Immune cell dynamics and their role in cardiac injury: Mechanisms and therapeutic implications

Cardiovascular injury initiates a temporally regulated immune cascade that governs both tissue damage and repair. Neutrophils, macrophages, dendritic cells, and T cells contribute distinct yet overlapping functions during acute inflammation, resolution, and chronic remodeling. This review synthesizes recent findings from single-cell transcriptomics, spatial omics, immunometabolism, and neuroendocrine–immune interactions to delineate immune cell dynamics across major cardiac diseases, including myocardial infarction, heart failure, viral myocarditis, hypertensive remodeling, and sepsis-induced cardiomyopathy. We further examine how immune cells communicate with cardiomyocytes, fibroblasts, endothelial cells, and neurohormonal regulators to shape the myocardial microenvironment. Particular emphasis is placed on macrophage polarization, regulatory T cell activity, extracellular vesicle–mediated signaling, and metabolic checkpoints as key determinants of immune behavior.
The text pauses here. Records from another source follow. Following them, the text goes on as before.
abbrev pub is_at_limit : Plan → State → Bool
is_at_limit plan s = not (nat_beq plan.file_limit 0) && leb plan.file_limit s.files_written

-- Why the loop was left.
abbrev pub Explains : World → Plan → State → Option Reason → Type 0
Explains world plan s none = ⊥
Explains world plan s (some sigterm) = world.signalled s.events ≡ true
Explains world plan s (some files_per_pod) = is_at_limit plan s ≡ true
Explains world plan s (some target_bytes) = is_reached plan s ≡ true
Explains world plan s (some no_space) = last_failure s.events ≡ some enospc

abbrev pub Ensures : World → Plan → Flow → Type 0
Ensures world plan (goes_on s) = IsCounted plan s × (s.terminal_reason ≡ none)
Ensures world plan (ends s) = IsCounted plan s × Explains world plan s s.terminal_reason
Ensures world plan (raises e s) =
    IsCounted plan s × (last_failure s.events ≡ some e) × (e ≡ other_error)
Ensures world plan (refused message s) =
    IsCounted plan s × (checked_path world plan s ≡ err message)
Ensures world plan (unfinished s) = IsCounted plan s

-- A state within a file.
record InFile (plan : Plan) (s : State) : Type 0 where
  counted : IsCounted plan s
  no_reason : s.terminal_reason ≡ none
  below_target : is_reached plan s ≡ false
  below_limit : is_at_limit plan s ≡ false

module _ (world : World) (plan : Plan) (wide : 8 ≤ plan.chunk_size) where
  branch :
      (test : Bool) (f g : Flow)
      → (test ≡ true → Ensures world plan f)
      → (test ≡ false → Ensures world plan g)
      → Ensures world plan (if test then f else g)
  branch true f g yes_case no_case = yes_case refl
  branch false f g yes_case no_case = no_case refl

  write_failed-Ensures :
      (e : OsError) (s : State)
      → IsCounted plan s
      → s.terminal_reason ≡ none
      → last_failure s.events ≡ some e
      → Ensures world plan (write_failed plan e s)
  write_failed-Ensures enospc s h fresh last = (
    record {
      attempted = h.attempted;
      succeeded = h.succeeded;
      numbered = h.numbered;
      bytes = h.bytes;
      whole_buffer = h.whole_buffer;
      recorded = h.recorded;
      capped = h.capped;
      limited = h.limited;
      flagged = refl;
    },
    last,
  )
  write_failed-Ensures other_error s h fresh last =
      branch plan.fail_on_write_error _ _ (λ fails. (counted, last, refl))
        (λ continues. (counted, fresh))
    where
      counted : IsCounted plan (record s {
        files_failed = s.files_failed + 1;
        recorded_errors =
            if ltb s.recorded_errors plan.max_recorded_errors
            then s.recorded_errors + 1
            else s.recorded_errors;
      })
      counted = record {
        attempted = h.attempted;
        succeeded = h.succeeded;
        numbered = h.numbered;
        bytes = h.bytes;
        whole_buffer = h.whole_buffer;
        recorded = (ground (arith, h.recorded), ground (arith, h.recorded));
        capped = h.capped;
        limited = h.limited;
        flagged = h.flagged;
      }

  called-IsCounted :
      (c : Call) (failed : Option OsError) (s : State)
      → stored_by c failed ≡ 0
      → IsCounted plan s
      → IsCounted plan (called c failed s)
  called-IsCounted c failed s nothing h = record {
    attempted = h.attempted;
    succeeded = h.succeeded;
    numbered = h.numbered;
    bytes = rw nothing (ground (arith, h.bytes));
    whole_buffer = h.whole_buffer;
    recorded = h.recorded;
    capped = h.capped;
    limited = h.limited;
    flagged = h.flagged;
  }

  file_done-Ensures :
      (s : State)
      → IsCounted plan s
      → s.terminal_reason ≡ none
      → is_at_limit plan s ≡ false
      → Ensures world plan (file_done s)
  file_done-Ensures s h fresh room = (
    record {
      attempted = ground (arith, h.attempted);
      succeeded = ground (arith, h.succeeded);
      numbered = ground (arith, h.numbered);
      bytes = h.bytes;
      whole_buffer = h.whole_buffer;
      recorded = h.recorded;
      capped = h.capped;
      limited = ground (arith, room);
      flagged = h.flagged;
    },
    fresh,
  )

  closed-Ensures :
      (failed : Option OsError) (s : State)
      → IsCounted plan s
      → s.terminal_reason ≡ none
      → is_at_limit plan s ≡ false
      → Ensures world plan (closed world plan failed (called close_file failed s))
  closed-Ensures none s h fresh room =
      file_done-Ensures _ (called-IsCounted close_file none s refl h) fresh room
  closed-Ensures (some e) s h fresh room =
      write_failed-Ensures e _ (called-IsCounted close_file (some e) s refl h) fresh refl

  close_file_of-Ensures :
      (s : State)
      → IsCounted plan s
      → s.terminal_reason ≡ none
      → is_at_limit plan s ≡ false
      → Ensures world plan (close_file_of world plan s)
  unfolding close_file_of
  close_file_of-Ensures s = closed-Ensures (world.answer s.events close_file) s

  -- the `with` block was left by an exception
  broken-Ensures :
      (failed : Option OsError) (e : OsError) (s : State)
      → IsCounted plan s
      → s.terminal_reason ≡ none
      → last_failure s.events ≡ some e
      → Ensures world plan (write_failed plan (replaced failed e) (called close_file failed s))
  broken-Ensures none e s h fresh last =
      write_failed-Ensures e _ (called-IsCounted close_file none s refl h) fresh last
  broken-Ensures (some e') e s h fresh last =
      write_failed-Ensures e' _ (called-IsCounted close_file (some e') s refl h) fresh refl

  -- what is known between two chunks
  abbrev Goes : State → Type 0
  Goes s = InFile plan s

  stamped : (s : State) → IsCounted plan s → max s.buffer_length 8 ≡ plan.chunk_size
  stamped s h = ground (arith, h.whole_buffer, wide)

  written_length_lem :
      (size buffer : ℕ)
      → size ≤ plan.chunk_size
      → buffer ≡ plan.chunk_size
      → written_length world plan size buffer ≡ size
  written_length_lem size buffer small whole = ground (arith, whole, small)

  -- the state after a chunk that was written
  chunk_written :
      (size : ℕ) (s : State)
      → size ≤ plan.chunk_size
      → InFile plan s
      → IsCounted plan
          (record (called (write (written_length world plan size (max s.buffer_length 8))) none s) {
            buffer_length = max s.buffer_length 8;
            bytes_written = s.bytes_written + size;
          })
  chunk_written size s small h =
      let c = h.counted in
      let length = written_length_lem size (max s.buffer_length 8) small (stamped s c) in
      record {
        attempted = c.attempted;
        succeeded = c.succeeded;
        numbered = c.numbered;
        bytes = ground (arith, c.bytes, length);
        whole_buffer = stamped s c;
        recorded = c.recorded;
        capped = ground (arith, h.below_target, small);
        limited = c.limited;
        flagged = c.flagged;
      }

  chunk_failed :
      (c : Call) (e : OsError) (s : State)
      → stored_by c (some e) ≡ 0
      → IsCounted plan s
      → IsCounted plan (record (called c (some e) s) { buffer_length = max s.buffer_length 8 })
  chunk_failed c e s nothing h = record {
    attempted = h.attempted;
    succeeded = h.succeeded;
    numbered = h.numbered;
    bytes = rw nothing (ground (arith, h.bytes));
    whole_buffer = stamped s h;
    recorded = h.recorded;
    capped = h.capped;
    limited = h.limited;
    flagged = h.flagged;
  }

  chunk_done-Ensures :
      (size : ℕ) (continue : State → Flow) (s : State) (failed : Option OsError)
      → size ≤ plan.chunk_size
      → InFile plan s
      → ((t : State) → InFile plan t → Ensures world plan (continue t))
      → Ensures world plan (
          chunk_done world plan failed size continue
            (record (called
              (write (written_length world plan size (max s.buffer_length 8)))
              failed
              s) { buffer_length = max s.buffer_length 8 }))
  chunk_done-Ensures size continue s none small h each =
      branch _ _ _
        (λ reached.
          close_file_of-Ensures _ (chunk_written size s small h) h.no_reason h.below_limit)
        (λ below. each _ (record {
          counted = chunk_written size s small h;
          no_reason = h.no_reason;
          below_target = below;
          below_limit = h.below_limit;
        }))
  chunk_done-Ensures size continue s (some e) small h each =
      broken-Ensures (world.answer _ close_file) e _ (chunk_failed (write _) e s refl h.counted)
        h.no_reason refl

  at_most : (remaining : ℕ) → min plan.chunk_size remaining ≤ plan.chunk_size
  at_most remaining = omega arith

  write_chunks-Ensures :
      (fuel remaining : ℕ) (s : State)
      → InFile plan s
      → Ensures world plan (write_chunks world plan fuel remaining s)
  unfolding write_chunks
  write_chunks-Ensures zero remaining s h = h.counted
  write_chunks-Ensures (suc fuel) remaining s h =
      let size = min plan.chunk_size remaining in
      let c = write (written_length world plan size (max s.buffer_length 8)) in
      let continue = write_chunks world plan fuel (remaining - size) in
      branch (nat_beq remaining 0 || world.signalled s.events) (close_file_of world plan s)
        (write_chunk world plan size continue s)
        (λ done. close_file_of-Ensures s h.counted h.no_reason h.below_limit)
        (λ more.
          chunk_done-Ensures size continue s (world.answer s.events c) (at_most remaining) h
            (write_chunks-Ensures fuel (remaining - size)))

  called-InFile :
      (c : Call) (s : State) → stored_by c none ≡ 0 → InFile plan s → InFile plan (called c none s)
  called-InFile c s nothing h = record {
    counted = called-IsCounted c none s nothing h.counted;
    no_reason = h.no_reason;
    below_target = h.below_target;
    below_limit = h.below_limit;
  }

  opened-Ensures :
      (failed : Option OsError) (s : State)
      → InFile plan s
      → Ensures world plan (opened world plan failed (called (open_file s.file_index) failed s))
  opened-Ensures none s h =
      write_chunks-Ensures (suc plan.file_size) plan.file_size _
        (called-InFile (open_file _) s refl h)
  opened-Ensures (some e) s h =
      write_failed-Ensures e _ (called-IsCounted (open_file _) (some e) s refl h.counted)
        h.no_reason refl

  made-Ensures :
      (n : ℕ) (failed : Option OsError) (s : State)
      → InFile plan s
      → Ensures world plan (made world plan failed (called (make_dir n) failed s))
  made-Ensures n none s h =
      opened-Ensures (world.answer _ _) _ (called-InFile (make_dir n) s refl h)
  made-Ensures n (some enospc) s h =
      write_failed-Ensures enospc _ (called-IsCounted (make_dir n) (some enospc) s refl h.counted)
        h.no_reason refl
  made-Ensures n (some other_error) s h =
      (called-IsCounted (make_dir n) (some other_error) s refl h.counted, refl, refl)

  after_check-Ensures :
      (checked : Result String Resolved) (s : State)
      → checked_path world plan s ≡ checked
      → InFile plan s
      → Ensures world plan (after_check world plan checked s)
  after_check-Ensures (err message) s is h = (h.counted, is)
  after_check-Ensures (ok resolved) s is h =
      made-Ensures (s.file_index % plan.fanout) (world.answer s.events _) s h

  round-Ensures :
      (s : State)
      → IsCounted plan s
      → s.terminal_reason ≡ none
      → Ensures world plan (round world plan s)
  unfolding round fill_file
  round-Ensures s h fresh =
      branch (world.signalled s.events) _ _ (λ signalled. (stopped sigterm refl, signalled))
        λ silent.
          branch (is_at_limit plan s) _ _ (λ at_limit. (stopped files_per_pod refl, at_limit))
            λ room.
              branch (is_reached plan s) _ _ (λ reached. (stopped target_bytes refl, reached))
                λ below. after_check-Ensures (checked_path world plan s) s refl (record {
                  counted = h;
                  no_reason = fresh;
                  below_target = below;
                  below_limit = room;
                })
    where
      stopped :
          (reason : Reason) → is_full (some reason) ≡ false → IsCounted plan (with_reason reason s)
      stopped reason not_full = record {
        attempted = h.attempted;
        succeeded = h.succeeded;
        numbered = h.numbered;
        bytes = h.bytes;
        whole_buffer = h.whole_buffer;
        recorded = h.recorded;
        capped = h.capped;
        limited = h.limited;
        flagged = ground (arith, h.flagged, fresh, not_full);
      }

  then_loop-Ensures :
      (loop : State → Flow) (f : Flow)
      → Ensures world plan f
      → ((s : State) → IsCounted plan s → s.terminal_reason ≡ none → Ensures world plan (loop s))
      → Ensures world plan (then_loop world plan loop f)
  then_loop-Ensures loop (goes_on s) h each = each s h.0 h.1
  then_loop-Ensures loop (ends s) h each = h
  then_loop-Ensures loop (raises e s) h each = h
  then_loop-Ensures loop (refused message s) h each = h
  then_loop-Ensures loop (unfinished s) h each = h

  pub fill-Ensures :
      (fuel : ℕ) (s : State)
      → IsCounted plan s
      → s.terminal_reason ≡ none
      → Ensures world plan (fill world plan fuel s)
  unfolding fill
  fill-Ensures zero s h fresh = h
  fill-Ensures (suc fuel) s h fresh =
      then_loop-Ensures _ _ (round-Ensures s h fresh) (fill-Ensures fuel)

  pub empty-IsCounted : IsCounted plan (empty world plan)
  empty-IsCounted = record {
    attempted = refl;
    succeeded = refl;
    numbered = refl;
    bytes = refl;
    whole_buffer = refl;
    recorded = (omega arith, omega arith);
    capped = ground (arith, wide);
    limited = ground arith;
    flagged = refl;
  }

  -- However far the loop has come, where a chunk holds the eight bytes of the counter at least: as
  -- many files are reported attempted, and succeeded, as were written; the bytes reported are those
  -- of the writes that succeeded; neither limit is passed, the target by less than a chunk; no more
  -- errors are recorded than files failed, or than may be. A run that ends gives its true reason,
  -- and one that raises was left by the last call that failed, or by the guard on the path of the
  -- file, which refused it.
  pub fill-IsCounted : (fuel : ℕ) → Ensures world plan (fill world plan fuel (empty world plan))
  fill-IsCounted fuel = fill-Ensures fuel (empty world plan) empty-IsCounted refl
Based on these mechanistic insights, we propose a framework for precision immunotherapy that integrates immune profiling, metabolic status, and neuroendocrine cues to guide individualized interventions. Emerging strategies—including low-dose interleukin-2, immune checkpoint blockade, mesenchymal stem cell–derived extracellular vesicles, and immunometabolic reprogramming—are highlighted as promising means to recalibrate immunity toward tissue repair. Overall, this review provides a translational perspective aimed at shifting cardiovascular therapy from non-specific immunosuppression to adaptive, stage-specific immunomodulation.